Reply to post: Re: Same old same old.

Is this cuttlefish really all that cosmic? Ubuntu 18.10 arrives with extra spit, polish, 4.18 kernel

AntiSol

Re: Same old same old.

> And most times the answer is "nothing". For many years now, all new Linux releases have been merely rolling the version numbers on libraries and utilities (squashing bugs and fixing security problems), adding support for new hardware and fiddling with the UI.

Then the answer isn't "nothing", is it? The answer is "use shiny new hardware and not get pwnd".

"Linux has grown fat and slow in middle age."

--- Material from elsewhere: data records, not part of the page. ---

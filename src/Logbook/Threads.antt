-- ===== src/Logbook/Threads.antt =====
-- The calls on a book of logbook/book.py, with calls of `write` of logbook/scribe.py in several threads.
use auto_weaver.Prelude.{
  ℕ, zero, suc, String, ◌≡◌, refl, sym, Option, none, some, List, [], ◌∷◌, arith,
}
use auto_weaver.Value.{Result, ok, err}
use auto_weaver.Logbook.{Py, Python}
use auto_weaver.Logbook.Writer.{Attachment}
use auto_weaver.Logbook.Book.{
  Row, Logbook, Moment, scribe, set_context, update_context, summarise, take_dropped_attachments,
  close_scribe, next_seq, count,
}
use auto_weaver.Logbook.Scribe.{put_row, write}
use auto_weaver.Logbook.Ledgers.{plus_at}
use auto_weaver.Logbook.Closing.{close}

-- what a call of `write` is given
pub record Request (P : Python) : Type 0 where
  pub ledger : String
  pub kind : Py P.Number
  pub at : Option P.Number
  pub attachments : List Attachment
  pub fields : Row P.Number

-- A call of `write` that is under way in a thread: its row has a number, or its line is written and not
-- counted.
pub data Writing (P : Python) : Type 0 where
  numbered : Request P → ℕ → Writing P
  written : String → String → Writing P

-- a book, and the calls of `write` that are under way
pub record Desk (P : Python) : Type 0 where
  pub book : Logbook P.Number
  pub under_way : List (Writing P)

-- What a thread does to a book or to the scribe of a ledger: a call, or one of the three steps of a call
-- of `write`, which `begins` with the number and `goes_on` at its place among those under way. Whatever
-- is raised, the book goes on.
pub data Call (P : Python) : Type 0 where
  opens : String → Row P.Number → Call P
  writes : Moment P.Number → Request P → Call P
  begins : Request P → Call P
  goes_on : ℕ → Moment P.Number → Call P
  sets_context updates_context summarises : Row P.Number → Call P
  takes_dropped closes : String → Call P
  finishes : (Row P.Number → Result (Unit {0})) → P.Number → List (Result (Unit {0})) → Call P

abbrev behind : {A : Type 0} → A → Option (A × List A) → Option (A × List A)
behind x none = none
behind x (some (y, ys)) = some (y, x ∷ ys)

-- an item and the others
abbrev pub pick : {A : Type 0} → ℕ → List A → Option (A × List A)
pick i [] = none
pick zero (x ∷ xs) = some (x, xs)
pick (suc i) (x ∷ xs) = behind x (pick i xs)

-- how many numbers of a ledger wait for a line
abbrev pub waiting : {P : Python} → List (Writing P) → String → ℕ
waiting [] l = 0
waiting (numbered q n ∷ ws) l = plus_at q.ledger (waiting ws) l
waiting (written ledger name ∷ ws) l = waiting ws l

-- how many lines of a ledger wait to be counted
abbrev pub uncounted : {P : Python} → List (Writing P) → String → ℕ
uncounted [] l = 0
uncounted (numbered q n ∷ ws) l = uncounted ws l
uncounted (written ledger name ∷ ws) l = plus_at ledger (uncounted ws) l

pub pick-waiting :
    {P : Python} (i : ℕ) (ws : List (Writing P)) (w : Writing P) (rest : List (Writing P))
    → pick i ws ≡ some (w, rest)
    → (l : String)
    → (waiting (w ∷ rest) l ≡ waiting ws l) × (uncounted (w ∷ rest) l ≡ uncounted ws l)
pick-waiting {P} i [] w rest e l = absurd (cc)
pick-waiting {P} zero (x ∷ xs) w rest e l =
    let same : x ≡ w = (cc) in let others : xs ≡ rest = (cc) in rw (same, others) (refl, refl)
pick-waiting {P} (suc i) (x ∷ xs) w rest e l =
    go (λ y ys f. pick-waiting i xs y ys f l) (pick i xs) refl e
  where
    add :
        (y z : Writing P) (ys : List (Writing P))
        → (waiting (y ∷ ys) l ≡ waiting xs l) × (uncounted (y ∷ ys) l ≡ uncounted xs l)
        → (waiting (y ∷ z ∷ ys) l ≡ waiting (z ∷ xs) l)
          × (uncounted (y ∷ z ∷ ys) l ≡ uncounted (z ∷ xs) l)
    add (numbered q n) (numbered r k) ys (a, b) = (ground (arith, a), b)
    add (numbered q n) (written r k) ys (a, b) = (a, ground (arith, b))
    add (written q n) (numbered r k) ys (a, b) = (ground (arith, a), b)
    add (written q n) (written r k) ys (a, b) = (a, ground (arith, b))

    go :
        ((y : Writing P) (ys : List (Writing P))
          → pick i xs ≡ some (y, ys)
          → (waiting (y ∷ ys) l ≡ waiting xs l) × (uncounted (y ∷ ys) l ≡ uncounted xs l))
        → (o : Option (Writing P × List (Writing P))) → pick i xs ≡ o
        → behind x o ≡ some (w, rest)
        → (waiting (w ∷ rest) l ≡ waiting (x ∷ xs) l)
          × (uncounted (w ∷ rest) l ≡ uncounted (x ∷ xs) l)
    go below none f h = absurd (cc)
    go below (some (y, ys)) f h =
        let same : y ≡ w = (cc) in
        let others : x ∷ ys ≡ rest = (cc) in rw (sym same, sym others) (add y x ys (below y ys f))

module _ (P : Python) where
  abbrev pub begun : Request P → Result ℕ × Logbook P.Number → List (Writing P) → Desk P
  begun q (ok n, c) ws = record { book = c; under_way = numbered q n ∷ ws }
  begun q (err e, c) ws = record { book = c; under_way = ws }

  abbrev pub put_down : String → Result String × Logbook P.Number → List (Writing P) → Desk P
  put_down ledger (ok name, c) ws = record { book = c; under_way = written ledger name ∷ ws }
  put_down ledger (err e, c) ws = record { book = c; under_way = ws }

  abbrev pub advanced : Moment P.Number → Option (Writing P × List (Writing P)) → Desk P → Desk P
  advanced m none k = k
  advanced m (some (numbered q n, ws)) k =
      put_down q.ledger (put_row P m q.ledger q.kind q.at q.attachments q.fields n k.book) ws
  advanced m (some (written ledger name, ws)) k = record {
    book = count ledger name k.book;
    under_way = ws;
  }

  abbrev pub on_book : (Logbook P.Number → Logbook P.Number) → Desk P → Desk P
  on_book f k = record k { book = f k.book }

  abbrev pub after_call : Call P → Desk P → Desk P
  after_call (opens ledger defaults) k = on_book (scribe ledger defaults) k
  after_call (writes m q) k = on_book (write P m q.ledger q.kind q.at q.attachments q.fields) k
  after_call (begins q) k = begun q (next_seq q.ledger k.book) k.under_way
  after_call (goes_on i m) k = advanced m (pick i k.under_way) k
  after_call (sets_context pairs) k = on_book (set_context pairs) k
  after_call (updates_context pairs) k = on_book (update_context pairs) k
  after_call (summarises fields) k = on_book (λ b. (summarise fields b).1) k
  after_call (takes_dropped ledger) k = on_book (λ b. (take_dropped_attachments ledger b).1) k
  after_call (closes ledger) k = on_book (λ b. (close_scribe ledger b).1) k
  after_call (finishes saved mono during) k = on_book (close P saved mono during) k

  unfoldable pub after_calls : List (Call P) → Desk P → Desk P
  after_calls [] k = k
  after_calls (c ∷ cs) k = after_calls cs (after_call c k)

This is just not true. I run it on a couple of low-powered machines. It's totally fine as long as you're not trying to use a bloatware desktop environment.

"Just try adding a new package - download this, edit that, compile the other, add new libraries to satisfy installation criteria, fix conflicts and maybe - just maybe - after a full day of effort and Googling user forums that shiny new app will work."

sounds like you haven't used it for a while. we have AppImages, snaps, and PPAs now. If you can't find one of these for what you want then it's *very* esoteric. I have exactly one program on my machine that's custom-compiled, and that's because I contribute patches to it - I could just install it with apt.

"add new libraries to satisfy installation criteria"

apt-get build-dep <program>

"We should be at the stage where all a user has to do is sit at a screen and say (or type) "I want to write a document" (or letter, email, flame, program, magazine review ... ) and everything just happens"

You know you could have spent your time building that rather than trolling, right?

"And the same applies to hardware - especially stuff you can plug in like USB. None of these should be issues, but they are all insoluble"

Why do i keep hearing this? You know it's not 1994 anymore, right? I literally can't remember the last time I plugged in a piece of hardware and it didn't just work. I think it was probably around 2005. USB!? geez, it might not have been this century the last time I plugged in a USB device that didn't just work. I have hardware that is not supported in windows that works perfectly fine in Linux. insoluble?? You are just trolling, right?